L’antropologia fa della fotografia uno dei suoi strumenti indispensabili, che contribuisce a catalogare, classificare ed archiviare, a creare delle banche dati come documenti per la prova di “tesi scientifiche”.
E’ evidente, per quanto non si sa fino a che punto consapevole, come buona parte di questa ritrattistica etnografica metta in evidenza soprattutto i tratti corporali e fisiognomici fuori dalla norma e l’arretratezza culturale e tecnologica del “primitivo”, a conferma di una superiorità non tanto culturale quanto razziale dell’uomo bianco e, indirettamente, della legittimità della politica colonialista occidentale. A titolo di esempio citiamo il lavoro dell’inglese T. H. Huxley, presidente della Ethnological Society, incaricato nel 1869 dal governo inglese di costituire un inventario fotografico delle diverse razze dell’Impero britannico. A questo scopo Huxley mette a punto un protocollo di misurazione, ripresa e classificazione: i soggetti vengono fotografati nudi, di fronte e di profilo, a metà figura e a figura intera, collocati in piedi accanto a un’asta graduata che offre il riferimento per le misure. Alle indicazioni di Huxley, J. H. Lamprey aggiunge lo sfondo di un reticolo quadrettato, contro il quale è collocato il corpo. Questo si ritrova pertanto all'interno di un piano cartesiano, ridotto a superficie bidimensionale, a grafico i cui punti possono essere definiti in termini matematici.
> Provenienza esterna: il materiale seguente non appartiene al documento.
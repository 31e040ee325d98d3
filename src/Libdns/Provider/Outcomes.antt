-- ===== src/Libdns/Provider/Outcomes.antt =====
-- What a reconciliation of the libdns provider has achieved, or left as it was.
use k8s_dns_manager.Prelude.{
  ◌≡◌, refl, is_some, true, false, not, ◌&&◌, ◌⊎◌, inl, inr, Option, none, some, List, [], ◌∷◌,
  Text, codes, Error, Result, ok, err, text_eq, arith, Bool-cases, length, ltb,
}
use k8s_dns_manager.GoStrings.{join}
use k8s_dns_manager.Deps.{Deps, Rr}
use k8s_dns_manager.Api.{DnsRecord}
use k8s_dns_manager.Record.{to_rr}
use k8s_dns_manager.Libdns.{LibRecord, ClientCall, get_records, append_records, delete_records}
use k8s_dns_manager.Libdns.Names.{make_record, fqdn_rec}
use k8s_dns_manager.Libdns.Provider.{
  Prov, Answer, with_status, find_id, is_unwanted, same_record, append, appended, removed, is_fatal,
  remove, create, recreate, update, ensure, listed, in_domain, converted, reconcile,
}

-- The record is marked for deletion, or deactivated.
abbrev pub IsUnwanted : DnsRecord → Type 0
IsUnwanted r = (is_some r.metadata.deletion_timestamp ≡ true) ⊎ (r.spec.active ≡ some false)

pub is_unwanted-IsUnwanted : (r : DnsRecord) → is_unwanted r ≡ true → IsUnwanted r
unfolding is_unwanted
is_unwanted-IsUnwanted r h = ground arith

pub is_unwanted-not_IsUnwanted : (r : DnsRecord) → is_unwanted r ≡ false → ¬ IsUnwanted r
unfolding is_unwanted
is_unwanted-not_IsUnwanted r h = ground arith

module _ (deps : Deps) (p : Prov) (rec : DnsRecord) where
  -- Either nothing of the id was listed or the client deleted it, and the status is cleared.
  abbrev pub Removed : Text → List LibRecord → List ClientCall → Answer → Type 0
  Removed zone recs log a =
      (a.0.changed ≡ with_status rec [] [])
      × (((find_id rec.status.id recs ≡ none) × (a.1 ≡ log))
          ⊎ ((r : LibRecord) × (find_id rec.status.id recs ≡ some r)
              × (p.client.on_delete log zone r ≡ none)
              × (a.1 ≡ delete_records zone r ∷ log)))

  -- The client has created the wanted record, alone, and the status says its id and this provider.
  abbrev pub Created : Text → LibRecord → Answer → Type 0
  Created zone want a =
      (x : LibRecord) × (log : List ClientCall) × (p.client.on_append log zone want ≡ ok (x ∷ []))
      × (a.0.changed ≡ with_status rec p.name x.id)
      × (a.1 ≡ append_records zone want ∷ log)

  -- A record of the id was listed that says what is wanted, the status stays, and nothing is called.
  abbrev pub UpToDate : Text → LibRecord → List LibRecord → List ClientCall → Answer → Type 0
  UpToDate zone want recs log a =
      (r : LibRecord) × (find_id rec.status.id recs ≡ some r)
      × (same_record deps p (fqdn_rec deps p.absolute_name r zone) want ≡ true)
      × (a.0.changed ≡ rec)
      × (a.1 ≡ log)

  appended-ok :
      (res : Result (List LibRecord))
      → (appended deps p rec res).ok ≡ true
      → (x : LibRecord) × (res ≡ ok (x ∷ []))
        × ((appended deps p rec res).changed ≡ with_status rec p.name x.id)
  unfolding appended
  appended-ok (err e) h = cc
  appended-ok (ok []) h = cc
  appended-ok (ok (x ∷ [])) h = (x, refl, refl)
  appended-ok (ok (x ∷ y ∷ xs)) h = cc

  append-Created :
      (zone : Text) (want : LibRecord) (log : List ClientCall)
      → (append deps p rec zone want log).0.ok ≡ true
      → Created zone want (append deps p rec zone want log)
  unfolding append
  append-Created zone want log h =
      let (x, e, c) = appended-ok (p.client.on_append log zone want) h in (x, log, e, c, refl)

  removed-ok :
      (res : Option Error)
      → (removed deps p rec res).ok ≡ true
      → (res ≡ none) × ((removed deps p rec res).changed ≡ with_status rec [] [])
  unfolding removed
  removed-ok none h = (refl, refl)
  removed-ok (some e) h = cc

  remove-Removed :
      (zone : Text) (recs : List LibRecord) (r : Option LibRecord) (log : List ClientCall)
      → find_id rec.status.id recs ≡ r
      → (remove deps p rec zone r log).0.ok ≡ true
      → Removed zone recs log (remove deps p rec zone r log)
  unfolding remove
  remove-Removed zone recs none log f h = (refl, inl (f, refl))
  remove-Removed zone recs (some r) log f h =
      let (e, c) = removed-ok (p.client.on_delete log zone r) h in (c, inr (r, f, e, refl))

  recreate-Created :
      (zone : Text) (want : LibRecord) (e : Option Error) (log : List ClientCall)
      → (recreate deps p rec zone want e log).0.ok ≡ true
      → Created zone want (recreate deps p rec zone want e log)
  unfolding recreate
  recreate-Created zone want none log h = append-Created zone want log h
  recreate-Created zone want (some e) log h = cc

  create-Created :
      (zone : Text) (want : LibRecord) (found : Option LibRecord) (log : List ClientCall)
      → (create deps p rec zone want found log).0.ok ≡ true
      → Created zone want (create deps p rec zone want found log)
  unfolding create
  create-Created zone want none log h = append-Created zone want log h
  create-Created zone want (some v) log h = cc

  abbrev pub Ensured : Text → LibRecord → List LibRecord → List ClientCall → Answer → Type 0
  Ensured zone want recs log a = UpToDate zone want recs log a ⊎ Created zone want a

  ensure-Ensured :
      (zone : Text) (want : LibRecord) (recs : List LibRecord) (r : Option LibRecord)
      (log : List ClientCall)
      → find_id rec.status.id recs ≡ r
      → (ensure deps p rec zone want recs r log).0.ok ≡ true
      → Ensured zone want recs log (ensure deps p rec zone want recs r log)
  unfolding ensure update
  ensure-Ensured zone want recs none log f h = inr (create-Created zone want _ log h)
  ensure-Ensured zone want recs (some r) log f h =
      let r' = fqdn_rec deps p.absolute_name r zone in
      elim (Bool-cases (same_record deps p r' want)) [
        | inl same ↦ rw same (inl (r, f, same, refl, refl))
        | inr old ↦ rw old (
            inr (
              recreate-Created zone want (p.client.on_delete log zone r')
                (delete_records zone r' ∷ log) (rw old at h)))
      ]

  -- What an answer with ok has achieved: without the wish for the record it is gone, and with it
  -- the record is there.
  abbrev pub Achieved : Rr → Text → List LibRecord → List ClientCall → Answer → Type 0
  Achieved rr zone recs log a =
      (IsUnwanted rec × Removed zone recs log a)
      ⊎ ((¬ IsUnwanted rec) × Ensured zone (make_record deps rr zone rec.status.id) recs log a)

  pub listed-Achieved :
      (rr : Rr) (zone : Text) (recs : List LibRecord) (e : Option Error) (log : List ClientCall)
      → (listed deps p rec rr zone recs e log).0.ok ≡ true
      → Achieved rr zone recs log (listed deps p rec rr zone recs e log)
  unfolding listed
  listed-Achieved rr zone recs e log h = elim (Bool-cases (is_fatal e rec.status.id)) [
    | inl fatal ↦ absurd (ground arith)
    | inr fine ↦ elim (Bool-cases (is_unwanted rec)) [
      | inl gone ↦
          rw (fine, gone)
            (inl (
              is_unwanted-IsUnwanted rec gone,
              remove-Removed zone recs _ log refl (rw (fine, gone) at h),
            ))
      | inr kept ↦
          rw (fine, kept)
            (inr (
              is_unwanted-not_IsUnwanted rec kept,
              ensure-Ensured zone (make_record deps rr zone rec.status.id) recs _ log refl
                  (rw (fine, kept) at h),
            ))
    ]
  ]

  in_domain-Achieved :
      (rr : Rr) (d : Result Text)
      → (in_domain deps p rec rr d).0.ok ≡ true
      → (zone : Text) × Achieved rr zone
          (p.client.on_get [] zone).0
          (get_records zone ∷ [])
          (in_domain deps p rec rr d)
  unfolding in_domain
  in_domain-Achieved rr (err e) h = cc
  in_domain-Achieved rr (ok d) h = (deps.fqdn d, listed-Achieved rr (deps.fqdn d) _ _ _ h)

  converted-Achieved :
      (r : Result Rr)
      → (converted deps p rec r).0.ok ≡ true
      → (rr : Rr) × (zone : Text) × (r ≡ ok rr)
        × Achieved rr zone
            (p.client.on_get [] zone).0
            (get_records zone ∷ [])
            (converted deps p rec r)
  unfolding converted
  converted-Achieved (err e) h = cc
  converted-Achieved (ok rr) h =
      let parts = deps.split_domain_name rr.header.name in
      elim (Bool-cases (ltb (length parts) 2)) [
        | inl short ↦ absurd (ground arith)
        | inr long ↦
            let (zone, a) =
              in_domain-Achieved rr (deps.domain (join parts (codes "."))) (rw long at h) in
            (rr, zone, refl, rw long a)
      ]

  -- A reconciliation that answers ok has done what the DNSRecord asks for, in the zone whose
  -- records it listed. A record that is marked for deletion or deactivated: no record of its id
  -- was listed or the client deleted it, and the provider and the id of the status are cleared.
  -- Any other record: either a record of its id was listed that, with its names made absolute,
  -- says what is wanted, and nothing is changed; or the client created the wanted record and no
  -- other, and the status names this provider and the id that the client gave.
  pub reconcile-Achieved :
      (reconcile deps p rec).0.ok ≡ true
      → (rr : Rr) × (zone : Text) × (to_rr deps rec ≡ ok rr)
        × Achieved rr zone
            (p.client.on_get [] zone).0
            (get_records zone ∷ [])
            (reconcile deps p rec)
  unfolding reconcile
  reconcile-Achieved h =
      elim (Bool-cases
        (not (text_eq rec.status.provider []) && not (text_eq rec.status.provider p.name))) [
          | inl foreign ↦ absurd (ground arith)
          | inr ours ↦ rw ours (converted-Achieved (to_rr deps rec) (rw ours at h))
        ]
Altre nazioni avvieranno progetti analoghi e verranno predisposti più affinati metodi di misurazione e catalogazione, attingendo alle nuove discipline dell’antropometria e della fisiognomica.
Attraverso la neutralità del protocollo, della macchina e del distacco scientifico si cerca di garantire formalmente la validità e l’oggettività delle conclusioni. Intanto davanti all’obiettivo dell’uomo occidentale sfilano i volti e i corpi di uomini ridotti a oggetto di studio, privati della propria identità individuale, dei quali si pretende di cogliere e misurare le costanti morfologiche, cioè quei caratteri che dovrebbero individuare un tipo razziale. La fotografia definisce e delimita l’immagine dell’altro; la spersonalizzante esposizione del catalogo e la forma rigida e distaccata dello sguardo scientifico concorrono a ridurre l’individuo al suo puro aspetto iconico.